In our new series #GMinyourgarden, we’re peeking over the fence into gardens across the country to explore their places in our lives today. Not large, designer-led spaces, but small-scale personal gardens lovingly nurtured by their creators (and which nurture them right back!).
This week, our Head Gardener Matt Collins shares a rare look at his own garden in Hampshire:
“The garden at home is small yet oddly long; a bit of a channel. Moving in two years ago, what we inherited was predominantly lawn, which I’ve gradually etched away at for flowers.

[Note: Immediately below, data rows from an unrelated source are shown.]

-- ===== src/OpCache/Counts.antt =====
-- The reference counts: how often a value was announced, less how often it has expired.
use opendht.Prelude.{
  ℕ, suc, ◌+◌, ◌-◌, ◌%◌, ◌≤◌, ◌<◌, ◌≡◌, sym, refl, subst, Bool, true, false, List, [], ◌∷◌, Option,
  none, some, arith, ltb, ◌==◌, if◌then◌else◌, inl, inr, Bool-cases, All, ◌⊎◌,
}
use opendht.Prelude.Map.{Map, find-emplace, find-update, find-erase}
use opendht.Prelude.Map
use opendht.Time.{TimePoint}
use opendht.Value.{Value}
use opendht.Value
use opendht.OpCache.{
  OpCacheValueStorage, OpValueCache, unsigned_mod, merge, drop_ref, on_values_added, on_ids_expired,
  on_values_expired, on_value, ids_of,
}
use opendht.OpCache.Entries.{
  announce_one, expire_one, announce_many, expire_many, find-added_loop, find-expired_loop,
}

-- How many of the values have an id.
abbrev pub count_id : ℕ → List Value → ℕ
count_id k [] = 0
count_id k (v ∷ vs) = if v.id == k then suc (count_id k vs) else count_id k vs

-- A call of onValue: when, of which values, and whether they are expired.
abbrev pub Calls : Type 0
Calls = List (TimePoint × List Value × Bool)

-- The cache after the calls.
unfoldable pub receive : (List Value → Bool → Bool) → Calls → OpValueCache → OpValueCache
unfolding on_value
receive callback [] c = c
receive callback ((t, vals, expired) ∷ cs) c =
    receive callback cs (on_value callback vals expired t c).0

-- The count of an id: announcements add to it, expirations take from it while it is not 0.
unfoldable pub tally : ℕ → Calls → ℕ → ℕ
tally k [] n = n
tally k ((t, vals, expired) ∷ cs) n =
    tally k cs (if expired then n - count_id k vals else n + count_id k vals)

abbrev pub announced : ℕ → Calls → ℕ
announced k [] = 0
announced k ((t, vals, expired) ∷ cs) = (if expired then 0 else count_id k vals) + announced k cs

-- The calls come in the order of their times, from t on; and the time of the last one.
abbrev pub Rises : TimePoint → Calls → Type 0
Rises t [] = Unit
Rises t ((u, vals, expired) ∷ cs) = (t ≤ u) × Rises u cs

abbrev pub last_time : TimePoint → Calls → TimePoint
last_time t [] = t
last_time t ((u, vals, expired) ∷ cs) = last_time u cs

module _ (k : ℕ) (Same : Value → Type 0)
    (alike : (v w : Value) → Same v → Same w → Value.equal v w ≡ true) where
  -- The entry of the id, by its count: there is none if that is 0; else it has one of the values, with this
  -- count, and was not updated after t.
  abbrev pub Tallied : ℕ → TimePoint → Option OpCacheValueStorage → Type 0
  Tallied n t o =
      ((n ≡ 0) × (o ≡ none))
      ⊎ ((c : OpCacheValueStorage) × (o ≡ some c)
          × Same c.stored
          × (c.ref_count ≡ n)
          × (0 < n)
          × (c.updated ≤ t))

  -- All values that are announced under the id are the same.
  abbrev pub Agree : List Value → Type 0
  Agree vs = All (λ v. v.id == k ≡ true → Same v) vs

  abbrev pub AllAgree : Calls → Type 0
  AllAgree [] = Unit
  AllAgree ((t, vals, true) ∷ cs) = AllAgree cs
  AllAgree ((t, vals, false) ∷ cs) = Agree vals × AllAgree cs

  Tallied-later :
      (n : ℕ) (t u : TimePoint) (o : Option OpCacheValueStorage)
      → t ≤ u
      → Tallied n t o
      → Tallied n u o
  Tallied-later n t u o le (inl h) = inl h
  Tallied-later n t u o le (inr (c, e, s, r, pos, at)) =
      inr (c, e, s, r, pos, omega (arith, at, le))

  announce_one-Tallied :
      (n : ℕ) (t : TimePoint) (v : Value) (o : Option OpCacheValueStorage)
      → Same v
      → n + 1 < unsigned_mod
      → Tallied n t o
      → Tallied (n + 1) t (announce_one t v o)
  unfolding merge
  announce_one-Tallied n t v o s p (inl (zero_count, e)) =
      rw e (inr (_, refl, s, omega (arith, zero_count), omega arith, omega arith))
  announce_one-Tallied n t v o s p (inr (c, e, s', r, pos, at)) =
      let same : Value.equal c.stored v ≡ true = alike c.stored v s' s in
      rw e (
        inr (
          record c { ref_count = (c.ref_count + 1) % unsigned_mod; updated = t },
          rw (same, merge) refl,
          s',
          omega (arith, r, p),
          omega arith,
          omega arith,
        ))

  expire_one-Tallied :
      (n : ℕ) (t : TimePoint) (o : Option OpCacheValueStorage)
      → n < unsigned_mod
      → Tallied n t o
      → Tallied (n - 1) t (expire_one t o)
  expire_one-Tallied n t o p (inl (zero_count, e)) = rw e (inl (omega (arith, zero_count), refl))
  expire_one-Tallied n t o p (inr (c, e, s, r, pos, at)) =
      let due : ltb t c.updated ≡ false = ground (arith, at) in
      let left : (drop_ref t c).ref_count ≡ n - 1 = omega (arith, r, p, pos) in
      elim (Bool-cases ((drop_ref t c).ref_count == 0)) [
        | inl last ↦ inl (ground (arith, left, last), rw e (rw due (rw last refl)))
        | inr more ↦ inr (
          drop_ref t c,
          rw e (rw due (rw more refl)),
          s,
          left,
          ground (arith, left, more),
          omega arith,
        )
      ]

  announce_many-Tallied :
      (n : ℕ) (t : TimePoint) (vs : List Value) (o : Option OpCacheValueStorage)
      → Agree vs
      → n + count_id k vs < unsigned_mod
      → Tallied n t o
      → Tallied (n + count_id k vs) t (announce_many k t vs o)
  unfolding announce_many
  announce_many-Tallied n t [] o agree p h = subst (λ i. Tallied i t o) (omega arith) h
  announce_many-Tallied n t (v ∷ vs) o agree p h = elim (Bool-cases (v.id == k)) [
    | inl hit ↦
        let fits : (n + 1) + count_id k vs < unsigned_mod = ground (arith, p, hit) in
        let more : (n + 1) + count_id k vs ≡ n + suc (count_id k vs) = omega arith in
        rw hit (
          subst (λ i. Tallied i t (announce_many k t vs (announce_one t v o))) more
            (announce_many-Tallied (n + 1) t vs (announce_one t v o) agree.1 fits
              (announce_one-Tallied n t v o (agree.0 hit) (omega (arith, fits)) h)))
    | inr miss ↦ rw miss (announce_many-Tallied n t vs o agree.1 (ground (arith, p, miss)) h)
  ]

  expire_many-Tallied :
      (n : ℕ) (t : TimePoint) (vs : List Value) (o : Option OpCacheValueStorage)
      → n < unsigned_mod
      → Tallied n t o
      → Tallied (n - count_id k vs) t (expire_many k t (ids_of vs) o)
  unfolding expire_many
  expire_many-Tallied n t [] o p h = subst (λ i. Tallied i t o) (omega arith) h
  expire_many-Tallied n t (v ∷ vs) o p h = elim (Bool-cases (v.id == k)) [
    | inl hit ↦
        let fewer : (n - 1) - count_id k vs ≡ n - suc (count_id k vs) = omega arith in
        rw (expire_many, hit)
          (subst (λ i. Tallied i t (expire_many k t (ids_of vs) (expire_one t o))) fewer
            (expire_many-Tallied (n - 1) t vs (expire_one t o) (omega (arith, p))
              (expire_one-Tallied n t o p h)))
    | inr miss ↦ rw (expire_many, miss) (expire_many-Tallied n t vs o p h)
  ]

  -- If the values that are announced under an id are all equal, the calls of `onValue` come in the order of
  -- their times, and the count of the id stays below 2 ^ 32 whatever expires, then the cache keeps the count:
  -- after any sequence of calls, an announcement adding to the count and an expiration taking from it
  -- while it is not 0, the cache has no entry for the id if the count is 0, and else has one, with such a
  -- value and with this count.
  pub receive-Tallied :
      (callback : List Value → Bool → Bool) (cs : Calls) (c : OpValueCache) (n : ℕ) (t : TimePoint)
      → AllAgree cs
      → Rises t cs
      → n + announced k cs < unsigned_mod
      → Tallied n t (Map.find k c.values)
      → Tallied (tally k cs n) (last_time t cs) (Map.find k (receive callback cs c).values)
  unfolding receive tally on_value on_values_added on_values_expired on_ids_expired
  receive-Tallied callback [] c n t agree rises p h = h
  receive-Tallied callback ((u, vals, true) ∷ cs) c n t agree rises p h =
      receive-Tallied callback cs (on_value callback vals true u c).0 (n - count_id k vals) u agree
        rises.1 (omega (arith, p))
        (subst (Tallied (n - count_id k vals) u)
          (sym (find-expired_loop k u (ids_of vals) c.values))
          (expire_many-Tallied n u vals (Map.find k c.values) (omega (arith, p))
            (Tallied-later n t u (Map.find k c.values) rises.0 h)))
  receive-Tallied callback ((u, vals, false) ∷ cs) c n t agree rises p h =
      receive-Tallied callback cs (on_value callback vals false u c).0 (n + count_id k vals) u
        agree.1 rises.1 (omega (arith, p))
        (subst (Tallied (n + count_id k vals) u) (sym (find-added_loop k u vals c.values)) (
          announce_many-Tallied n u vals (Map.find k c.values) agree.0 (omega (arith, p))
            (Tallied-later n t u (Map.find k c.values) rises.0 h)))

The intent was to get as far as I could for free, or on the cheap: plants propagated from division, cuttings, seeds and sneaky snippings; manure from a local smallholding; a cold-frame constructed from unearthed rubble, trees as birthday presents… It’s taking longer than I hoped to cover the encircling fences with climbers, however bit by bit the herbage gathers pace.
Owing to its slight size, this is more a garden of ‘details’ than of soothing, stylish repetitions(!), and under ‘details’ file the toy cars, discarded sticks and creative interventions contributed by our young children, and the mismatched flowers that are forever going to seed quicker than I can tend them.
But I feel very fortunate in having a space in which to nurture whimsical plantings — plants gifted by friends, spotted on a trip abroad or snaffled impulsively from a seed-head somewhere; that, for me, was always the draw of a small garden of my own.”